This isn’t to say that marketing plans don’t have any value – it absolutely helps steer the strategic direction of the teams. It’s how they are put together and used that’s changing to keep up with our fast-paced world.

The new marketing plans are high-level roadmaps that manage campaigns. There is little detail because the people doing the work fill in the details as they get closer to doing the work.

Just because it’s on paper doesn’t mean it’s set in stone. These roadmaps should be re-visited every week or so to see if the timelines are realistic and review priorities.

Here’s an example of a 2020 marketing roadmap:

Source: Aha.io

More generalists than specialists will be needed

For a while, marketing roles were all about getting very specific skills and specialties. With the movement of agile marketing, generalists are valued more than specialists. Here’s why: Agile marketing is all about prioritizing the highest value work and getting it done. 
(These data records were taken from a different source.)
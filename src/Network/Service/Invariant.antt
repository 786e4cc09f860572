-- ===== src/Network/Service/Invariant.antt =====
-- src/net/mod.rs: the service keeps the address book and the queries well formed.
use ipfs_embed.Prelude.{ℕ, ◌≡◌, ◌≢◌, refl, sym, subst, List, [], ◌∷◌, Option, none, some, Distinct}
use ipfs_embed.Multiaddr.{Multiaddr, PeerId, PeerIds}
use ipfs_embed.PeerInfo.Source.{user}
use ipfs_embed.PeerInfo.Failure.{Texts}
use ipfs_embed.AddressBook.State.{Topic}
use ipfs_embed.AddressBook.Dial
use ipfs_embed.Channel.{unbounded}
use ipfs_embed.Prelude.{arith}
use ipfs_embed.AddressBook.Invariant.Book.{IsValid}
use ipfs_embed.AddressBook.Invariant.Steps.{IsRemote, step-IsValid, step}
use ipfs_embed.AddressBook.Invariant.Steps
use ipfs_embed.AddressBook.Invariant.Ops.Simple.{add_address-IsValid, dial-IsValid}
use ipfs_embed.Network.State.{Behaviour}
use ipfs_embed.Network.Queries.{QueryId-discrete, KadState, Sender, QueryId, ok, failed}
use ipfs_embed.Network.Queries
use ipfs_embed.Network.Requests
use ipfs_embed.Network.Requests.Calls
use ipfs_embed.Network.Requests.Accounts.{Leads, step-Leads}
use ipfs_embed.Network.Gossip.{subscribe, publish, broadcast, inject_broadcast_event}
use ipfs_embed.Network.Gossip
use ipfs_embed.Network.Service.{
  Service, NetworkCommand, SwarmEvent, handle, on_event, with_net, with_query, with_gossip?,
  gossip_of, with_book, add_all, add_and_dial, listened,
}
use ipfs_embed.Network.Service
use ipfs_embed.Network.Service.Books.{Books, request-IsValid}
use ipfs_embed.Network.Service.Topics.{
  subscribe-book, inject_gossip_event-IsValid, inject_broadcast_event-IsValid,
  inject_mdns_event-IsValid, inject_id_event-IsValid, inject_ping_event-IsValid,
}
use ipfs_embed.Network.Service.Topics

-- The book is valid, and every identifier of a query waits for one answer.
pub record IsSound (s : Service) : Type 0 where
  pub book : IsValid s.net.behaviour.book
  pub queries : Distinct QueryId-discrete s.net.queries.channels

abbrev pub Sounds : Option Service → Type 0
Sounds none = Unit
Sounds (some s) = IsSound s

with_net-IsSound :
    (s : Service) (net : KadState) (c : Calls.Call) (o : Option KadState)
    → Books net o
    → Leads net c o
    → Sounds (with_net s o)
with_net-IsSound s net c none v d = tt
with_net-IsSound s net c (some net') v d = record { book = v; queries = d.0 }

with_query-IsSound :
    (s : Service) (tx : Sender) (id : QueryId) (net : KadState) (c : Calls.Call)
    (o : Option KadState)
    → Books net o
    → Leads net c o
    → Sounds (with_query s tx id o)
with_query-IsSound s tx id net c none v d = tt
with_query-IsSound s tx id net c (some net') v d = record { book = v; queries = d.0 }

listened-IsSound :
    (s : Service) (addr : Multiaddr) (tx : Sender) (r : Queries.KadResult ℕ)
    → IsSound s
    → IsSound (listened s addr tx r)
listened-IsSound s addr tx (ok l) v = record { book = v.book; queries = v.queries }
listened-IsSound s addr tx (failed e) v = record { book = v.book; queries = v.queries }

module _ (ids : PeerIds) where
  add_all-IsValid :
      (b : Behaviour) (l : List (PeerId × Multiaddr)) (now : ℕ)
      → IsValid b.book
      → IsValid (add_all ids b l now).book
  unfolding add_all Requests.add_address
  add_all-IsValid b [] now v = v
  add_all-IsValid b ((peer, addr) ∷ rest) now v =
      add_all-IsValid (unfold Requests.add_address in Requests.add_address ids b peer addr user now)
        rest now (add_address-IsValid ids b.book peer addr user now v)

  add_and_dial-IsValid :
      (b : Behaviour) (l : List (PeerId × Multiaddr)) (now : ℕ)
      → IsValid b.book
      → IsValid (add_and_dial ids b l now).book
  unfolding add_and_dial Requests.add_address
  add_and_dial-IsValid b [] now v = v
  add_and_dial-IsValid b ((peer, addr) ∷ rest) now v =
      let b' : Behaviour =
        (unfold Requests.add_address in Requests.add_address ids b peer addr user now) in
      add_and_dial-IsValid (record b' { book = Dial.dial b'.book peer }) rest now
        (dial-IsValid b'.book peer (add_address-IsValid ids b.book peer addr user now v))

-- The swarm reports the end of no connection of the node to itself.
abbrev pub IsRemoteEvent : PeerId → SwarmEvent → Type 0
IsRemoteEvent own (Service.connection_closed peer cp n cause) = peer ≢ own
IsRemoteEvent own _ = Unit {0}

module _ (ids : PeerIds) (t : Texts) (hash : Topic → Topic) (k_value : ℕ) where
  request-Sounds :
      (s : Service) (net : KadState) (c : Calls.Call)
      → IsValid net.behaviour.book
      → Distinct QueryId-discrete net.queries.channels
      → Sounds (with_net s (Calls.step k_value net c))
  request-Sounds s net c v d =
      with_net-IsSound s net c (Calls.step k_value net c) (request-IsValid k_value net c v)
        (step-Leads k_value net c d)

  query-Sounds :
      (s : Service) (tx : Sender) (id : QueryId) (c : Calls.Call)
      → IsSound s
      → Sounds (with_query s tx id (Calls.step k_value s.net c))
  query-Sounds s tx id c v =
      with_query-IsSound s tx id s.net c (Calls.step k_value s.net c)
        (request-IsValid k_value s.net c v.book) (step-Leads k_value s.net c v.queries)

  -- the book after an operation of the book
  pub booked :
      (s : Service) (now : ℕ) (c : Steps.Call)
      → IsRemote s.net.behaviour.book.local_peer_id c
      → IsSound s
      → IsSound (with_book s (step ids t s.net.behaviour.book (now, c)))
  booked s now c n v = record {
    book = step-IsValid ids t s.net.behaviour.book now c n v.book;
    queries = v.queries;
  }

  same-IsSound :
      (s s' : Service)
      → s'.net.behaviour.book ≡ s.net.behaviour.book
      → s'.net.queries ≡ s.net.queries
      → IsSound s
      → IsSound s'
  same-IsSound s s' e f v = record {
    book = subst IsValid (sym e) v.book;
    queries = subst (λ q. Distinct QueryId-discrete q.channels) (sym f) v.queries;
  }

  pub handle-Sounds :
      (s : Service) (c : NetworkCommand) (now : ℕ)
      → IsSound s
      → Sounds (handle ids t hash k_value s c now)
  unfolding handle step Requests.remove_address Requests.add_address Requests.unprovide
      Requests.remove_record publish broadcast
  handle-Sounds s (Service.listen_on addr tx answer) now v =
      let w = booked s now (Steps.swarm_events unbounded) tt v in
      listened-IsSound _ addr tx answer (record { book = w.book; queries = w.queries })
  handle-Sounds s (Service.add_external_address addr) now v = record {
    book = v.book;
    queries = v.queries;
  }
  handle-Sounds s (Service.add_address peer addr) now v = record {
    book = add_address-IsValid ids s.net.behaviour.book peer addr user now v.book;
    queries = v.queries;
  }
  handle-Sounds s (Service.add_addresses l) now v = record {
    book = add_all-IsValid ids s.net.behaviour l now v.book;
    queries = v.queries;
  }
  handle-Sounds s (Service.remove_address peer addr) now v =
      let w = booked s now (Steps.remove_address peer addr) tt v in
      same-IsSound _ _ (ground arith) refl w
  handle-Sounds s (Service.prune_peers min_age) now v =
      booked s now (Steps.prune_peers min_age) tt v
  handle-Sounds s (Service.dial peer) now v = booked s now (Steps.dial peer) tt v
  handle-Sounds s (Service.dial_address peer addr) now v =
      booked s now (Steps.dial_address peer addr) tt v
  handle-Sounds s (Service.ban peer) now v = record { book = v.book; queries = v.queries }
  handle-Sounds s (Service.unban peer) now v = record { book = v.book; queries = v.queries }
  handle-Sounds s (Service.bootstrap initial tx answer) now v =
      request-Sounds s (record (s.net) { behaviour = add_and_dial ids s.net.behaviour initial now })
        (Calls.bootstrap tx answer) (add_and_dial-IsValid ids s.net.behaviour initial now v.book)
        v.queries
  handle-Sounds s (Service.providers key tx id) now v =
      request-Sounds s s.net (Calls.providers key tx id) v.book v.queries
  handle-Sounds s (Service.provide key tx answer) now v =
      request-Sounds s s.net (Calls.provide key tx answer) v.book v.queries
  handle-Sounds s (Service.unprovide key) now v = same-IsSound s _ (ground arith) refl v
  handle-Sounds s (Service.get_record key quorum tx id) now v =
      request-Sounds s s.net (Calls.get_record key quorum tx id) v.book v.queries
  handle-Sounds s (Service.put_record rec quorum tx answer) now v =
      request-Sounds s s.net (Calls.put_record rec quorum tx answer) v.book v.queries
  handle-Sounds s (Service.remove_record key) now v = same-IsSound s _ (ground arith) refl v
  handle-Sounds s (Service.subscribe topic tx error) now v =
      same-IsSound s _ (subscribe-book hash (gossip_of s) topic error) refl v
  handle-Sounds s (Service.publish topic msg tx answer) now v =
      same-IsSound s _ (ground arith) refl v
  handle-Sounds s (Service.broadcast topic msg tx) now v = same-IsSound s _ (ground arith) refl v
  handle-Sounds s (Service.get cid ps tx channel id) now v =
      query-Sounds s tx (QueryId.bitswap id) (Calls.get cid ps channel id) v
  handle-Sounds s (Service.sync cid ps missing tx channel id) now v =
      query-Sounds s tx (QueryId.bitswap id) (Calls.sync cid ps missing channel id) v
  handle-Sounds s (Service.swarm_events tx) now v =
      let w = booked s now (Steps.swarm_events unbounded) tt v in
      record { book = w.book; queries = w.queries }
  handle-Sounds s (Service.cancel_query id) now v =
      request-Sounds s s.net (Calls.cancel id) v.book v.queries

  with_gossip?-Sounds :
      (s : Service) (o : Option Gossip.GossipState)
      → Topics.Books hash o
      → Distinct QueryId-discrete s.net.queries.channels
      → Sounds (with_gossip? s o)
  with_gossip?-Sounds s none v d = tt
  with_gossip?-Sounds s (some g) v d = record { book = v; queries = d }

  pub on_event-Sounds :
      (s : Service) (e : SwarmEvent) (now : ℕ)
      → IsRemoteEvent s.net.behaviour.book.local_peer_id e
      → IsSound s
      → Sounds (on_event ids t hash k_value s e now)
  unfolding on_event step
  on_event-Sounds s (Service.connection_closed peer cp n cause) now r v =
      booked s now (Steps.connection_closed peer cp n cause) r v
  on_event-Sounds s (Service.kad_event e) now r v =
      request-Sounds s s.net (Calls.kad_event e) v.book v.queries
  on_event-Sounds s (Service.mdns_event e) now r v = record {
    book = inject_mdns_event-IsValid ids s.net.behaviour e now v.book;
    queries = v.queries;
  }
  on_event-Sounds s (Service.ping_event peer result) now r v = record {
    book = inject_ping_event-IsValid s.net.behaviour peer result v.book;
    queries = v.queries;
  }
  on_event-Sounds s (Service.identify_event e) now r v = record {
    book = inject_id_event-IsValid ids s.net.behaviour e now v.book;
    queries = v.queries;
  }
  on_event-Sounds s (Service.bitswap_event e) now r v =
      request-Sounds s s.net (Calls.bitswap_event e) v.book v.queries
  on_event-Sounds s (Service.gossipsub_event e) now r v = record {
    book = inject_gossip_event-IsValid hash e (gossip_of s) v.book;
    queries = v.queries;
  }
  on_event-Sounds s (Service.broadcast_event e) now r v =
      with_gossip?-Sounds s (inject_broadcast_event hash e (gossip_of s))
        (inject_broadcast_event-IsValid hash e (gossip_of s) v.book) v.queries
  on_event-Sounds s Service.other_swarm_event now r v = v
The change in focus highlights the difference from keeping individuals utilized to creating a team that can deliver the most valuable thing when its needed.

Let’s say that the highest priority for the team is to add a landing page to the website for a special event. The project might require a graphic designer, software developer, copywriter and editor all working on the landing page.

Now let’s say the graphic designer is finished with her piece, but the work isn’t considered done until it’s usable and in the hands of customers. If the graphic designer is willing to help with some of the writing, coding or editing, this keeps the team focused on the most valuable work rather than just keeping someone busy.

This isn’t to say that the graphic designer needs to be experts in all of these areas – her craft will always be her core skill. However, if she knows enough to assist in other areas it’s a win-win for everyone.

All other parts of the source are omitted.